Alimentation 17 avril 2018

Ceci n’est pas une pomme de terre

Les patates douces et les pommes de terre ont beau se côtoyer dans les allées des supermarchés, elles sont différentes à bien des égards.

Parlez-en à Guy et Daniel Pouliot, qui ont fait la transition vers les patates douces en 2001 pour protéger leur production de fraises d’une maladie fongique. Leur persévérance a porté fruit puisque ces tubercules de Saint-Jean-de-l’Île-d’Orléans ont pu se tailler une place dans l’assiette des Québécois.

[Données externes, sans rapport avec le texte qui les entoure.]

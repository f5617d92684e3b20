-- ===== src/Auth/Operation.antt =====
-- operatoraccountauth/challenge_operation.go and `Operation` of challenge_registry.go: one operation
-- on a challenge, between the lock and the unlock of its record.
pub mod Keeps
pub mod Recall
use cresora.Prelude.{
  ℕ, ◌+◌, Bool, true, false, not, ◌&&◌, ◌||◌, Option, none, some, List, [], ◌∷◌, ltb, leb, ◌==◌,
  nat_eq, if◌then◌else◌, is_none,
}
use cresora.Prelude.Maps.{lookup}
use cresora.Auth.Errors.{
  AuthError, Failures, invalid_input, provider_unavailable, authentication_aborted,
  runtime_challenge_expired, runtime_challenge_not_found, runtime_closed, Context,
  runtime_context_error,
}
use cresora.Auth.Challenge.{
  max_code_attempts, max_password_attempts, Text, AuthTarget, Stage, no_stage, code_stage,
  password_stage, Profile, AccountView, Challenge, ChallengeRecord, TerminalResult, projection,
}
use cresora.Auth.Registry.{Registry, store, remove_with_tombstone}
use cresora.Auth.Methods.{owned}

-- The registry rides along, since an operation writes to it; `account` is set with `completed`.
pub record ChallengeOperation : Type 0 where
  pub registry : Registry
  pub pointer : ℕ
  pub completed : Bool
  pub aborted : Bool
  pub account : Option AccountView

-- The record that the operation holds.
abbrev pub held : ChallengeOperation → ChallengeRecord
held o = o.registry.heap o.pointer

abbrev pub write : ChallengeOperation → ChallengeRecord → ChallengeOperation
write o r = record o { registry = store o.registry o.pointer r }

unfoldable pub reserve_code_attempt : ChallengeOperation → ChallengeOperation × Bool
unfolding store
reserve_code_attempt o =
    if leb max_code_attempts (held o).code_attempts
    then (o, false)
    else (write o (record (held o) { code_attempts = (held o).code_attempts + 1 }), true)

unfoldable pub reserve_password_attempt : ChallengeOperation → ChallengeOperation × Bool
unfolding store
reserve_password_attempt o =
    if leb max_password_attempts (held o).password_attempts
    then (o, false)
    else (write o (record (held o) { password_attempts = (held o).password_attempts + 1 }), true)

unfoldable pub set_pending_profile : ChallengeOperation → Profile → ChallengeOperation
unfolding store
set_pending_profile o profile =
    write o (record (held o) { pending_profile = some profile; hash = []; ready = false })

unfoldable pub set_stage : ChallengeOperation → Stage → ChallengeOperation × Option AuthError
unfolding store
set_stage o no_stage = (o, some invalid_input)
set_stage o stage = (write o (record (held o) { stage = stage }), none)

unfoldable pub complete : ℕ → ChallengeOperation → AccountView → ChallengeOperation
complete now o account = if o.completed || o.aborted then o else record o {
  registry = remove_with_tombstone now o.registry o.pointer (some account) false;
  completed = true;
  account = some account;
}

unfoldable pub abort : ℕ → ChallengeOperation → ChallengeOperation
abort now o = if o.completed || o.aborted then o else record o {
  registry = remove_with_tombstone now o.registry o.pointer none true;
  aborted = true;
}

-- `Result`: an account, a challenge, or (the zero value) neither.
pub record Result : Type 0 where
  pub account : Option AccountView
  pub challenge : Option Challenge

abbrev pub no_result : Result
no_result = record { account = none; challenge = none }

abbrev pub account_result : AccountView → Result
account_result a = record { account = some a; challenge = none }

abbrev pub challenge_result : ChallengeRecord → Result
challenge_result r = record { account = none; challenge = some (projection r) }

-- What a duplicate of a finished request learns, for the time that its result is kept.
unfoldable pub recall : ℕ → ℕ → Option TerminalResult → Result × Failures
recall now actor none = (no_result, runtime_challenge_not_found ∷ [])
recall now actor (some stone) =
    let missing : Result × Failures = (no_result, runtime_challenge_not_found ∷ []) in
    if stone.actor_id == actor && ltb now stone.expires
    then elim stone.account_result [
      | some account ↦ (account_result account, [])
      | none ↦ if stone.aborted then (no_result, authentication_aborted ∷ []) else missing
    ]
    else missing

unfoldable pub begin : Registry → ℕ → ChallengeOperation
begin g p = record { registry = g; pointer = p; completed = false; aborted = false; account = none }

-- The result of `Operation`, from what the action left behind.
unfoldable pub conclude : ChallengeOperation → Result
conclude o =
    if o.completed
    then record { account = o.account; challenge = none }
    else if o.aborted
    then no_result
    else challenge_result (held o)

-- What an operation does to a challenge by its methods, to the world outside (`W`), and the failure
-- that it ends with.
abbrev pub Action : Type 0 → Type 0
Action W = W → ChallengeOperation → W × ChallengeOperation × Failures

abbrev pub Answer : Type 0 → Type 0
Answer W = W × Registry × Result × Failures

module _ {W : Type 0} where
  abbrev finished : W × ChallengeOperation × Failures → Answer W
  finished (w, o, failure) = (w, o.registry, conclude o, failure)

  -- `Operation` once the record is locked.
  unfoldable pub act : ℕ → W → Registry → ℕ → Action W → Answer W
  unfolding begin conclude
  act now w g p action =
      let r = g.heap p in
      if not (ltb now r.expires)
      then (w, g, challenge_result r, runtime_challenge_expired ∷ [])
      else if not r.ready && is_none r.pending_profile
      then (w, g, challenge_result r, provider_unavailable ∷ [])
      else finished (action w (begin g p))

  unfoldable pub dispatch : ℕ → W → Registry → ℕ → ℕ → Action W → Option ℕ → Answer W
  dispatch now w g actor request_id action none =
      let (result, failure) = recall now actor (lookup request_id g.tombstones) in
      (w, g, result, failure)
  dispatch now w g actor request_id action (some p) = act now w g p action

  unfoldable pub operation : Context → ℕ → W → Registry → ℕ → ℕ → Action W → Answer W
  operation ctx now w g actor request_id action = elim (runtime_context_error ctx) [
    | some e ↦ (w, g, no_result, e ∷ [])
    | none ↦
        if g.closed
        then (w, g, no_result, runtime_closed ∷ [])
        else dispatch now w g actor request_id action (owned g actor request_id)
  ]
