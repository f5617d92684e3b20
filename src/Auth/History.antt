-- ===== src/Auth/History.antt =====
-- Histories of the challenge registry: any sequence of its methods with any arguments, which is what
-- the service's requests amount to, in the order in which they take the locks.
pub mod Safety
use cresora.Prelude.{ℕ, Option, none, some, List, [], ◌∷◌}
use cresora.Auth.Errors.{Context}
use cresora.Auth.Challenge.{
  Text, AuthTarget, Stage, Profile, AccountView, Challenge, SendCodeResult,
}
use cresora.Auth.Registry.{
  Registry, Reservation, Outcome, prepare, close_admission, clear_tombstones,
}
use cresora.Auth.Methods.{commit, rollback, status, remove, clear_shutdown_state}
use cresora.Auth.Operation.{
  ChallengeOperation, Action, reserve_code_attempt, reserve_password_attempt, set_pending_profile,
  set_stage, complete, abort, operation,
}

-- One method of a challenge operation; `complete` and `abort` read the clock.
pub data Touch : Type 0 where
  reserves_code reserves_password : Touch
  sets_profile : Profile → Touch
  sets_stage : Stage → Touch
  completes : ℕ → AccountView → Touch
  aborts : ℕ → Touch

unfoldable pub touch : ChallengeOperation → Touch → ChallengeOperation
touch o reserves_code = (reserve_code_attempt o).0
touch o reserves_password = (reserve_password_attempt o).0
touch o (sets_profile profile) = set_pending_profile o profile
touch o (sets_stage stage) = (set_stage o stage).0
touch o (completes now account) = complete now o account
touch o (aborts now) = abort now o

unfoldable pub touches : ChallengeOperation → List Touch → ChallengeOperation
touches o [] = o
touches o (t ∷ ts) = touches (touch o t) ts

-- The action that does these and reports nothing.
abbrev pub script : List Touch → Action Unit
script ts w o = (w, touches o ts, [])

pub data Event : Type 0 where
  prepares : Context → ℕ → ℕ → AuthTarget → Text → ℕ → List ℕ → Event
  commits : Context → ℕ → ℕ → Reservation → SendCodeResult → Event
  rolls_back : Context → Reservation → Event
  asks_status : Context → ℕ → ℕ → ℕ → Event
  operates : Context → ℕ → ℕ → ℕ → List Touch → Event
  removes : Context → ℕ → ℕ → Event
  clears : Challenge → Event
  closes forgets : Event

-- A `prepare` that never drew an identity has not happened yet.
abbrev pub after : Registry → Option (Outcome Reservation) → Registry
after g none = g
after g (some o) = o.0

unfoldable pub step : Registry → Event → Registry
step g (prepares ctx cleaned_at now target phone expires drawn) =
    after g (prepare ctx cleaned_at now g target phone expires drawn)
step g (commits ctx before later reservation sent) = (commit ctx before later g reservation sent).0
step g (rolls_back ctx reservation) = (rollback ctx g reservation).0
step g (asks_status ctx cleaned_at now actor) = (status ctx cleaned_at now g actor).0
step g (operates ctx now actor request_id ts) =
    (operation ctx now tt g actor request_id (script ts)).1
step g (removes ctx actor request_id) = (remove ctx g actor request_id).0
step g (clears challenge) = clear_shutdown_state g challenge
step g closes = close_admission g
step g forgets = clear_tombstones g

unfoldable pub run : Registry → List Event → Registry
run g [] = g
run g (e ∷ es) = run (step g e) es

Si les consommateurs retrouvent dans les épiceries IGA des patates douces du Québec depuis une quinzaine d’années, c’est en grande partie grâce à la détermination des frères Guy et Daniel Pouliot, qui représentent la onzième génération familiale d’agriculteurs sur l’île d’Orléans. Au moment de prendre la relève de la Ferme Onésime Pouliot, ils se sont retrouvés devant un défi de taille : trouver une production de remplacement à celle des pommes de terre afin d’épargner leurs champs de fraises de la verticilliose, une maladie fongique qui peut se transmettre entre ces deux espèces. 

Après mûre réflexion, ils ont arrêté leur choix sur les patates douces. « Avec cette production, on peut déployer notre main-d’œuvre en juin et à la fin septembre sans nuire aux récoltes de fraises. Ça entre parfaitement dans le calendrier », explique Daniel Pouliot, copropriétaire et agronome de formation. 

Autre avantage de ces tubercules : ils font partie de la famille des convolvulacées. Ils ne sont donc pas affectés par les maladies et les ravageurs qui menacent les solanacées comme les pommes de terre. Ainsi, la Ferme Onésime Pouliot s’est lancée en 2001 dans la production de patates douces de variété Beauregard sur une surface de 0,4 ha. Les boutures – et non les tubercules – sont importées de Caroline du Nord chaque année pour être plantées en juin. Dès les premiers essais, l’exploitation s’est servie de paillis de plastique et de bâches pour emmagasiner le plus de chaleur possible le jour et protéger les boutures des vents qui fouettent l’île. Après tout, la patate douce est une plante tropicale. La ferme a aussi mené différents tests pour parfaire ses méthodes d’irrigation.

Les supermarchés IGA se sont rapidement intéressés à la production des deux frères. « Ils voulaient encourager les agriculteurs locaux. Sans eux, je ne serais pas en train de vous parler de patates douces aujourd’hui », lance Daniel Pouliot. Avec 22 ha cultivés, la ferme parvient amplement à fournir la chaîne à l’échelle de la province de novembre à mars. Forcément, un soin particulier est accordé aux qualités esthétiques des tubercules. « Après dix ans, on a remplacé la Beauregard par la Covington et l’Orléans pour avoir une meilleure uniformité des calibres. Avec la Beauregard, on a déjà récolté un tubercule de 9 livres. C’est trop gros! » 

La production de patates douces comporte son lot de défis, et l’augmentation du salaire minimum à 12 $ de l’heure à compter du 1er mai en fait partie. « Puisque la pelure des tubercules est très délicate, la récolte est encore faite à la main. Mais avec les hausses annoncées, ça nous oblige à revoir nos méthodes de travail. Peut-être devra-t-on mécaniser une partie de la récolte. »

Enfin, les deux propriétaires aimeraient développer dans un proche avenir une variété mieux adaptée aux conditions climatiques de l’île d’Orléans, un peu à l’image de la famille Pouliot.